WORK REQUEST:
Exactly how many lines in this listing contain "Base"? Only the number is needed.

DATA RECORDS:
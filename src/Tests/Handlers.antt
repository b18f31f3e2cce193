-- ===== src/Tests/Handlers.antt =====
-- What commands and removals do at fixed inputs.
use mathlib.Core.Option
use irc.Base.{
  ap, ◌==◌, true, false, arith, ◌≡◌, refl, not, ◌&&◌, [], ◌∷◌, none, some, length, get_or, ltb,
  if◌then◌else◌,
}
use irc.Text.{codes, text_eq, int_key, text_key}
use irc.Map.{lookup}
use irc.Map.Laws.{has}
use irc.Client.{send_message}
use irc.Channel.{remove_member}
use irc.Server.{find_channel}
use irc.Command.Join.{join_one, is_valid_channel_name}
use irc.Command.Kick.{kick_one}
use irc.Command.Topic.{execute_topic}
use irc.Command.Invite.{execute_invite}
use irc.Command.Privmsg.{message_one, full_message}
use irc.Command.Effects.Results.{opened, entered, departed, invited, retopiced}
use irc.Command.Effects.Join.{admits, find_channel-join_one}
use irc.Command.Effects.Moderate.{
  kick_target, may_retopic, invite_target, only, find_channel-kick_one, find_channel-execute_topic,
  find_channel-execute_invite,
}
use irc.Command.Effects.Message.{receives, lookup-message_one}
use irc.Loop.{reap_dead_clients}
use irc.Client.{Client}
use irc.Server.{Server, update_client}
use irc.Loop.Kept.{KeptBounded, update_client-Inv}
use irc.Loop.Farewell.{flush, has-flush}
use irc.Command.Nick.{execute_nick}
use irc.Command.Effects.Nick.{nickname_at, accepts_nick, nickname_at-execute_nick}
use irc.Channel.{is_member}
use irc.Command.Join.{execute_join, leave_all, leave_channel, drop_member}
use irc.Command.Effects.Leave.{execute_join-no_member}
use irc.Loop.Removal.{is_finished, has-reap_dead_clients}
use irc.Tests.States.{alice, bob, lobby, party, party-Inv}

find_channel-join_one_example :
    find_channel (codes "#new") (join_one 5 bob (codes "#new") [] party) ≡ (
      if is_valid_channel_name (codes "#new") && text_eq (codes "#new") (codes "#new")
      then elim (find_channel (codes "#new") party) [
        | none ↦ some (opened 5 (codes "#new"))
        | some ch ↦ some (if admits 5 [] ch then entered 5 ch else ch)
      ]
      else find_channel (codes "#new") party)
find_channel-join_one_example =
    find_channel-join_one (codes "#new") 5 bob (codes "#new") [] party party-Inv

find_channel-kick_one_example :
    find_channel
      (codes "#lobby")
      (kick_one 4 alice (codes "#lobby") (codes "bob") (codes "bye") party)
    ≡ (elim (kick_target 4 (codes "#lobby") (codes "bob") party) [
      | none ↦ find_channel (codes "#lobby") party
      | some target ↦ only (codes "#lobby") (departed target) party (codes "#lobby")
    ])
find_channel-kick_one_example =
    find_channel-kick_one (codes "#lobby") 4 alice (codes "#lobby") (codes "bob") (codes "bye")
      party party-Inv

find_channel-execute_topic_example :
    find_channel (codes "#lobby") (execute_topic 4 alice (codes "#lobby" ∷ codes "tea" ∷ []) party)
    ≡ (if ltb 1 (length (codes "#lobby" ∷ codes "tea" ∷ []))
          && may_retopic 4 (get_or (codes "#lobby" ∷ codes "tea" ∷ []) 0 []) party
        then only
            (get_or (codes "#lobby" ∷ codes "tea" ∷ []) 0 [])
            (retopiced (get_or (codes "#lobby" ∷ codes "tea" ∷ []) 1 []))
            party
            (codes "#lobby")
        else find_channel (codes "#lobby") party)
find_channel-execute_topic_example =
    find_channel-execute_topic (codes "#lobby") 4 alice (codes "#lobby" ∷ codes "tea" ∷ []) party

find_channel-execute_invite_example :
    find_channel (codes "#lobby") (execute_invite 4 alice (codes "bob" ∷ codes "#lobby" ∷ []) party)
    ≡ (if ltb (length (codes "bob" ∷ codes "#lobby" ∷ [])) 2
        then find_channel (codes "#lobby") party
        else elim (invite_target 4
            (get_or (codes "bob" ∷ codes "#lobby" ∷ []) 0 [])
            (get_or (codes "bob" ∷ codes "#lobby" ∷ []) 1 [])
            party) [
              | none ↦ find_channel (codes "#lobby") party
              | some target ↦
                  only
                    (get_or (codes "bob" ∷ codes "#lobby" ∷ []) 1 [])
                    (invited target)
                    party
                    (codes "#lobby")
            ])
find_channel-execute_invite_example =
    find_channel-execute_invite (codes "#lobby") 4 alice (codes "bob" ∷ codes "#lobby" ∷ []) party

lookup-message_one_example :
    lookup 5 (message_one 4 alice (codes "hi") (codes "#lobby") party).clients ≡ (
      if receives 4 (codes "#lobby") party 5
      then Option.map
          (send_message (full_message alice (codes "#lobby") (codes "hi")))
          (lookup 5 party.clients)
      else lookup 5 party.clients)
lookup-message_one_example =
    lookup-message_one 4 alice (codes "hi") (codes "#lobby") party 5 party-Inv refl

has-reap_dead_clients_example : has 4 (reap_dead_clients party).clients ≡ not (is_finished alice)
unfolding lookup
has-reap_dead_clients_example = has-reap_dead_clients 4 alice party party-Inv refl

abbrev leaving : Client → Client
leaving c = record c { closing = true; send_buffer = codes "HI\r\n" }

leaving_kept : (c : Client) → KeptBounded c (leaving c)
leaving_kept c = record { kept = ground arith; sends = λ h. ground arith; receives = λ h. h }

abbrev late_party : Server
late_party = update_client 5 leaving party

has-flush_example :
    has 5 (reap_dead_clients (flush (0 ∷ 7 ∷ 0 ∷ 0 ∷ []) 5 late_party)).clients ≡ false
unfolding lookup update_client irc.Map.modify
has-flush_example =
    has-flush (0 ∷ 7 ∷ 0 ∷ 0 ∷ []) 5 late_party (leaving bob)
      (update_client-Inv 5 leaving party leaving_kept party-Inv) refl refl refl (ground arith)

nickname_at-execute_nick_example : nickname_at 5 (execute_nick 5 bob (codes "Carol" ∷ []) party) ≡ (
    if accepts_nick 5 (codes "Carol" ∷ []) party && 5 == 5
    then Option.map (λ (c : Client). get_or (codes "Carol" ∷ []) 0 []) (lookup 5 party.clients)
    else nickname_at 5 party)
nickname_at-execute_nick_example =
    nickname_at-execute_nick 5 5 bob (codes "Carol" ∷ []) party party-Inv

after_departure :
    (leave_all 5 bob party.channels party).channels ≡ (codes "#lobby", remove_member 5 lobby) ∷ []
unfolding lookup text_eq irc.Server.broadcast irc.Server.tell update_client irc.Map.modify leave_all
    leave_channel drop_member irc.Server.update_channel remove_member
after_departure = refl

execute_join-no_member_example : is_member 5 (remove_member 5 lobby) ≡ false
unfolding lookup text_eq execute_join
execute_join-no_member_example =
    execute_join-no_member 5 bob [] party (codes "#lobby") (remove_member 5 lobby) party-Inv
      (ap (lookup (codes "#lobby")) after_departure)
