-- ===== src/Tests/Modes.antt =====
-- MODE at fixed inputs.
use irc.Base.{◌≡◌, refl, true, false, [], ◌∷◌, ◌++◌, some, map, arith}
use irc.Text.{codes, text_key}
use irc.Map.{lookup}
use irc.Channel.{Channel}
use irc.Server.{Server, line, find_channel}
use irc.Command.Mode.{execute_mode, mode_arguments}
use irc.Command.Mode.Changes.{parameter}
use irc.Command.Mode.Meaning.{settings}
use irc.Command.Mode.Meaning.Changed.{Changed}
use irc.Command.Mode.Meaning.Loop.{granted, execute_mode-Changed}
use irc.Command.Mode.Meaning.Shown.{copy_modes, shown_key, shown_limit, settings-copy_modes}
use irc.Tests.States.{alice, lobby, party}

lobby_there : find_channel (codes "#lobby") party ≡ some lobby
unfolding lookup irc.Text.text_eq
lobby_there = refl

execute_mode-Changed_example :
    Changed
      (codes "#lobby")
      (granted 4 (codes "#lobby") lobby (codes "+ik-tl") (codes "key" ∷ []))
      lobby
      party
      (execute_mode 4 alice (codes "#lobby" ∷ codes "+ik-tl" ∷ codes "key" ∷ []) party)
execute_mode-Changed_example =
    execute_mode-Changed 4 alice (codes "#lobby") (codes "+ik-tl") (codes "key" ∷ []) lobby party
      lobby_there

-- A channel without modes, and one with all of them.
abbrev hall : Channel
hall = record lobby { topic_restricted = false }

abbrev vault : Channel
vault = record lobby { is_invite_only = true; password = codes "key"; user_limit = 10 }

abbrev in_hall : Server
in_hall = record party { channels = (codes "#lobby", hall) ∷ [] }

hall_there : find_channel (codes "#lobby") in_hall ≡ some hall
unfolding lookup irc.Text.text_eq
hall_there = refl

settings-copy_modes_example :
    (mode_arguments vault ≡ line (map parameter (shown_key vault ++ shown_limit vault)))
    × (now : Channel) × (find_channel
          (codes "#lobby")
          (execute_mode 4 alice (copy_modes (codes "#lobby") vault) in_hall)
        ≡ some now)
    × (settings now ≡ settings vault)
settings-copy_modes_example =
    settings-copy_modes 4 alice (codes "#lobby") hall vault in_hall hall_there refl refl refl refl
      (ground arith)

RESPONSE BOX:
2